◆ Assignment ◆
For the entries below, print exactly the lines between the line holding "kind_walk (for_statement clause" and the line holding "else_branch_walk no_else = none", inclusive, and nothing else.

◆ Task material ◆
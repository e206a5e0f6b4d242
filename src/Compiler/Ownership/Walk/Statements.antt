-- ===== src/Compiler/Ownership/Walk/Statements.antt =====
-- The walk of crates/stainless-compiler/src/ownership.rs over statements: branches, loops, which
-- are walked twice, and `try`. A walk says whether the end of its statement is reachable.
use stainless.Base.{
  ℕ, if◌then◌else◌, String, Bool, true, false, not, ◌&&◌, ◌||◌, Option, none, some, List, [], ◌∷◌,
  length, get_elem?, ◌>>=◌, is_some,
}
use stainless.Compiler.Diagnostic.{Span}
use stainless.Compiler.Types.{TypeRef, is_reference, is_copyable, is_guard, canonical_ref}
use stainless.Compiler.Syntax.Statements.{
  OptionalExpression, absent, present, braced, Statements, no_statement, and_statement, Statement,
  statement, OptionalStatement, no_else, else_statement, StatementKind, block, local, return, throw,
  try_statement, if_statement, while_statement, for_statement, break, continue,
  expression_statement, empty, malformed, CatchClauses, no_catch, and_catch, CatchClause,
  CatchBinding, catch_all, catch, LocalDeclaration, local_declaration, ForClause, range, classic,
  malformed_clause, OptionalForInitializer, no_initializer, local_initializer,
  expression_initializer,
}
use stainless.Compiler.Resolution.Calls.{ResolvedCall, call_throws}
use stainless.Compiler.Resolution.Model.{
  SemanticModel, BindingResolution, binding, rust_result_adaptation, call,
}
use stainless.Compiler.Ownership.State.{FlowState, Loan, merge_states, merge_many_states}
use stainless.Compiler.Ownership.Analyzer.{Usage, read, validate_reference_return}
use stainless.Compiler.Ownership.Walk.{
  Walker, ExceptionContext, LastUses, state_of, set_state, on_analyzer, enter_scope, leave_scope,
  move_binding, lend, expire, declare_local, capture_exception_state, capture_exception_if,
  capture_loop_exit,
}
use stainless.Compiler.Ownership.Walk.Arguments.{Walked, borrow_of, is_mutable_reference}
use stainless.Compiler.Ownership.Walk.Receivers.{has_throws}
use stainless.Compiler.Ownership.Walk.Expressions.{walked}
use stainless.Compiler.Ownership.Walk.Loops.{
  Run, enter_loop, leave_loop, while_walk, classic_walk, range_walk,
}

-- `mem::replace(&mut self.state, saved)` at the end of a branch.
abbrev pub restore : FlowState → Walker → Bool → Walker × (FlowState × Bool)
restore saved w reachable = (set_state saved w, (state_of w, reachable))

abbrev pub Branch : Type 0
Branch = FlowState → Walker → Option (Walker × (FlowState × Bool))

-- `analyze_branch`
unfoldable pub branch : Run → (end : ℕ) → Branch
branch run end st w = do
  (ran, reachable) ← run (enter_scope (set_state st w))
  expired ← expire end ran
  left ← leave_scope expired
  some (restore (state_of w) left reachable)

unfoldable pub declare_option : LastUses → Option BindingResolution → Walker → Option Walker
declare_option last_uses none w = some w
declare_option last_uses (some b) w =
    declare_local last_uses b.name b.ty none b.span w >>= λ r. some r.0

-- `analyze_block_branch`
unfoldable pub block_branch : LastUses → Option BindingResolution → Run → Branch
block_branch last_uses binding run st w = do
  declared ← declare_option last_uses binding (enter_scope (set_state st w))
  (ran, reachable) ← run declared
  left ← leave_scope ran
  some (restore (state_of w) left reachable)

unfoldable pub join_branches :
    (baseline : FlowState)
    → (then_branch else_branch : FlowState × Bool) → Walker
    → Option (Walker × Bool)
join_branches baseline (one, true) (other, true) w =
    merge_states baseline one other >>= λ merged. some (set_state merged w, true)
join_branches baseline (one, true) (other, false) w = some (set_state one w, true)
join_branches baseline (one, false) (other, true) w = some (set_state other w, true)
join_branches baseline (one, false) (other, false) w = some (set_state baseline w, false)

unfoldable pub else_walk : Option Branch → Branch
else_walk none st w = some (w, (st, true))
else_walk (some b) st w = b st w

-- `if_statement`
unfoldable pub if_walk : Branch → Option Branch → Run
if_walk then_branch else_branch w = do
  let baseline = state_of w
  (first, one) ← then_branch baseline w
  (second, other) ← else_walk else_branch baseline first
  join_branches baseline one other second

-- The states after the handlers whose ends are reachable.
unfoldable pub each_handler : List Branch → FlowState → Walker → Option (Walker × List FlowState)
each_handler [] baseline w = some (w, [])
each_handler (handler ∷ handlers) baseline w = do
  (walked, (st, reachable)) ← handler baseline w
  (done, states) ← each_handler handlers baseline walked
  some (done, (if reachable then st ∷ states else states))

unfoldable pub pop_exception_in : List ExceptionContext → Walker → Option (Walker × List FlowState)
pop_exception_in [] w = none
pop_exception_in (context ∷ contexts) w = some (record w { exceptions = contexts }, context.states)

-- `self.exceptions.pop()`
abbrev pub pop_exception_states : Walker → Option (Walker × List FlowState)
pop_exception_states w = pop_exception_in w.exceptions w

abbrev pub push_exception : Walker → Walker
push_exception w =
    let context : ExceptionContext = record {
      scope_depth = length (state_of w).scopes;
      states = [];
    } in
    record w { exceptions = context ∷ w.exceptions }

unfoldable pub join_continuing : FlowState → List FlowState → Run
join_continuing baseline [] w = some (set_state baseline w, false)
join_continuing baseline (st ∷ states) w =
    merge_many_states baseline (st ∷ states) >>= λ merged. some (set_state merged w, true)

abbrev pub reachable_first : FlowState × Bool → List FlowState → List FlowState
reachable_first (st, true) states = st ∷ states
reachable_first (st, false) states = states

unfoldable pub try_walk : LastUses → Run → List Branch → Run
try_walk last_uses body handlers w = do
  let baseline = state_of w
  (tried, outcome) ← block_branch last_uses none body baseline (push_exception w)
  (popped, states) ← pop_exception_states tried
  catch_baseline ← merge_many_states baseline states
  (handled, continuing) ← each_handler handlers catch_baseline popped
  join_continuing baseline (reachable_first outcome continuing) handled

-- A block: its statements, in a scope of their own or in the one at hand.
unfoldable pub scoped : Run → Run
scoped run w = do
  (ran, reachable) ← run (enter_scope w)
  left ← leave_scope ran
  some (left, reachable)

unfoldable pub followed_by : Run → (end : ℕ) → Run → Run
followed_by run end rest w = do
  (ran, reachable) ← run w
  expired ← expire end ran
  if reachable then rest expired else some (expired, false)

abbrev pub reaching : Option Walker → Option (Walker × Bool)
reaching walked = walked >>= λ w. some (w, true)

abbrev pub stopping : Option Walker → Option (Walker × Bool)
stopping walked = walked >>= λ w. some (w, false)

unfoldable pub throw_walk : Option Walked → Walker → Option Walker
throw_walk none w = capture_exception_state w
throw_walk (some value) w = value.walk read w >>= λ r. capture_exception_state r.0

unfoldable pub validate_return_if : Bool → Option ℕ → Span → Walker → Option Walker
validate_return_if false origin span w = some w
validate_return_if true origin span w = on_analyzer (validate_reference_return origin span) w

unfoldable pub return_value : Walked → Walker → Option Walker
return_value value w = do
  (walked, origin) ← value.walk read w
  validate_return_if walked.returns_reference origin value.span walked

-- A named binding that is returned by value moves.
unfoldable pub return_named : Option ℕ → Walked → Walker → Option Walker
return_named none value w = return_value value w
return_named (some id) value w = do
  b ← get_elem? (state_of w).bindings id
  if not (is_reference b.ty) && not (is_copyable b.ty)
      then move_binding id value.span w
      else return_value value w

unfoldable pub return_walk : Option Walked → Walker → Option Walker
return_walk none w = some w
return_walk (some value) w =
    if w.returns_reference
    then return_value value w
    else return_named (value.named (state_of w)) value w

unfoldable pub initialize_reference :
    (mutable : Bool) → Option Walked → Walker → Option (Walker × Option Loan)
initialize_reference mutable none w = some (w, none)
initialize_reference mutable (some initializer) w = do
  (walked, origin) ← initializer.walk (borrow_of mutable) w
  lend origin mutable initializer.span walked

abbrev pub call_may_throw : Option ResolvedCall → Bool
call_may_throw none = false
call_may_throw (some c) = has_throws (call_throws c)

module _ (semantics : SemanticModel) (last_uses : LastUses) where
  unfoldable pub initialize_value : Span → Option Walked → Walker → Option Walker
  initialize_value span none w = capture_exception_if (call_may_throw (call semantics span)) w
  initialize_value span (some initializer) w = do
    (walked, _) ← initializer.walk read w
    capture_exception_if (is_some (rust_result_adaptation semantics initializer.span)) walked

  abbrev pub holds_loan : TypeRef → Bool
  holds_loan ty = is_reference ty || is_guard (canonical_ref ty)

  unfoldable pub initialize_local :
      TypeRef → Span → Option Walked → Walker → Option (Walker × Option Loan)
  initialize_local ty span initializer w =
      if holds_loan ty
      then initialize_reference (is_mutable_reference ty) initializer w
      else (initialize_value span initializer w >>= λ w'. some (w', none))

  unfoldable pub declare_resolved :
      Option BindingResolution → String → Span → Option Walked → Walker → Option Walker
  declare_resolved none name span initializer w = some w
  declare_resolved (some b) name span initializer w = do
    (initialized, loan) ← initialize_local b.ty span initializer w
    (declared, _) ← declare_local last_uses name b.ty loan span initialized
    some declared

  abbrev pub walked_option : OptionalExpression → Option Walked
  walked_option absent = none
  walked_option (present e) = some (walked semantics e)

  unfoldable pub local_walk : LocalDeclaration → Walker → Option Walker
  local_walk (local_declaration _ name initializer span) w =
      declare_resolved (binding semantics span) name span (walked_option initializer) w

  unfoldable pub initializer_walk : OptionalForInitializer → Walker → Option Walker
  initializer_walk no_initializer w = some w
  initializer_walk (local_initializer declaration) w = local_walk declaration w
  initializer_walk (expression_initializer e) w = (walked semantics e).walk read w >>= λ r. some r.0

  abbrev pub walk_of : Option Walked → Option (Usage → Walker → Option (Walker × Option ℕ))
  walk_of none = none
  walk_of (some e) = some e.walk

  unfoldable pub clause_walk : ForClause → Run → Walker → Option Walker
  clause_walk (classic initializer condition update) run w = do
    initialized ← initializer_walk initializer w
    classic_walk (walk_of (walked_option condition)) (walk_of (walked_option update)) run
        initialized
  clause_walk (range _ bindings iterable) run w =
      range_walk semantics last_uses bindings (walked semantics iterable) run w
  clause_walk malformed_clause run w = some w

  -- `for_statement`
  unfoldable pub for_walk : ForClause → Run → (body_end : ℕ) → Walker → Option Walker
  for_walk clause run body_end w = do
    looped ← clause_walk clause run (enter_loop w)
    leave_loop body_end looped

  abbrev pub catch_binding : Option CatchBinding → Option BindingResolution
  catch_binding none = none
  catch_binding (some b) = binding semantics b.span

  abbrev pub end_of : Statement → ℕ
  end_of (statement _ span) = span.end

  unfoldable mutual
    pub statement_walk : Statement → Run
    statement_walk (statement kind span) = kind_walk kind

    pub kind_walk : StatementKind → Run
    kind_walk (block (braced statements _)) = scoped (statements_walk statements)
    kind_walk (local declaration) = λ w. reaching (local_walk declaration w)
    kind_walk (return value) = λ w. stopping (return_walk (walked_option value) w)
    kind_walk (throw value) = λ w. stopping (throw_walk (walked_option value) w)
    kind_walk (try_statement (braced statements _) catches) =
        try_walk last_uses (statements_walk statements) (handler_walks catches)
    kind_walk (if_statement condition then_branch else_branch) =
        let then_walk = branch (statement_walk then_branch) (end_of then_branch) in
        let other_walk = else_branch_walk else_branch in
        λ w. ((walked semantics condition).walk read w >>= λ r. if_walk then_walk other_walk r.0)
    kind_walk (while_statement condition body) =
        let run = statement_walk body in
        λ w. reaching (while_walk (walked semantics condition).walk run (end_of body) w)
    kind_walk (for_statement clause body) =
        let run = statement_walk body in λ w. reaching (for_walk clause run (end_of body) w)
    kind_walk break = λ w. stopping (capture_loop_exit false w)
    kind_walk continue = λ w. stopping (capture_loop_exit true w)
    kind_walk (expression_statement e) =
        λ w. reaching ((walked semantics e).walk read w >>= λ r. some r.0)
    kind_walk empty = λ w. some (w, true)
    kind_walk malformed = λ w. some (w, true)

    pub statements_walk : Statements → Run
    statements_walk no_statement = λ w. some (w, true)
    statements_walk (and_statement s rest) =
        followed_by (statement_walk s) (end_of s) (statements_walk rest)

    pub else_branch_walk : OptionalStatement → Option Branch
    else_branch_walk no_else = none
    else_branch_walk (else_statement s) = some (branch (statement_walk s) (end_of s))

    pub handler_walks : CatchClauses → List Branch
    handler_walks no_catch = []
    handler_walks (and_catch c rest) = handler_walk c ∷ handler_walks rest

    pub handler_walk : CatchClause → Branch
    handler_walk (catch b (braced statements _) _) =
        block_branch last_uses (catch_binding (some b)) (statements_walk statements)
    handler_walk (catch_all (braced statements _) _) =
        block_branch last_uses none (statements_walk statements)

◆ Completed exercise ◆
    kind_walk (for_statement clause body) =
        let run = statement_walk body in λ w. reaching (for_walk clause run (end_of body) w)
    kind_walk break = λ w. stopping (capture_loop_exit false w)
    kind_walk continue = λ w. stopping (capture_loop_exit true w)
    kind_walk (expression_statement e) =
        λ w. reaching ((walked semantics e).walk read w >>= λ r. some r.0)
    kind_walk empty = λ w. some (w, true)
    kind_walk malformed = λ w. some (w, true)

    pub statements_walk : Statements → Run
    statements_walk no_statement = λ w. some (w, true)
    statements_walk (and_statement s rest) =
        followed_by (statement_walk s) (end_of s) (statements_walk rest)

    pub else_branch_walk : OptionalStatement → Option Branch
    else_branch_walk no_else = none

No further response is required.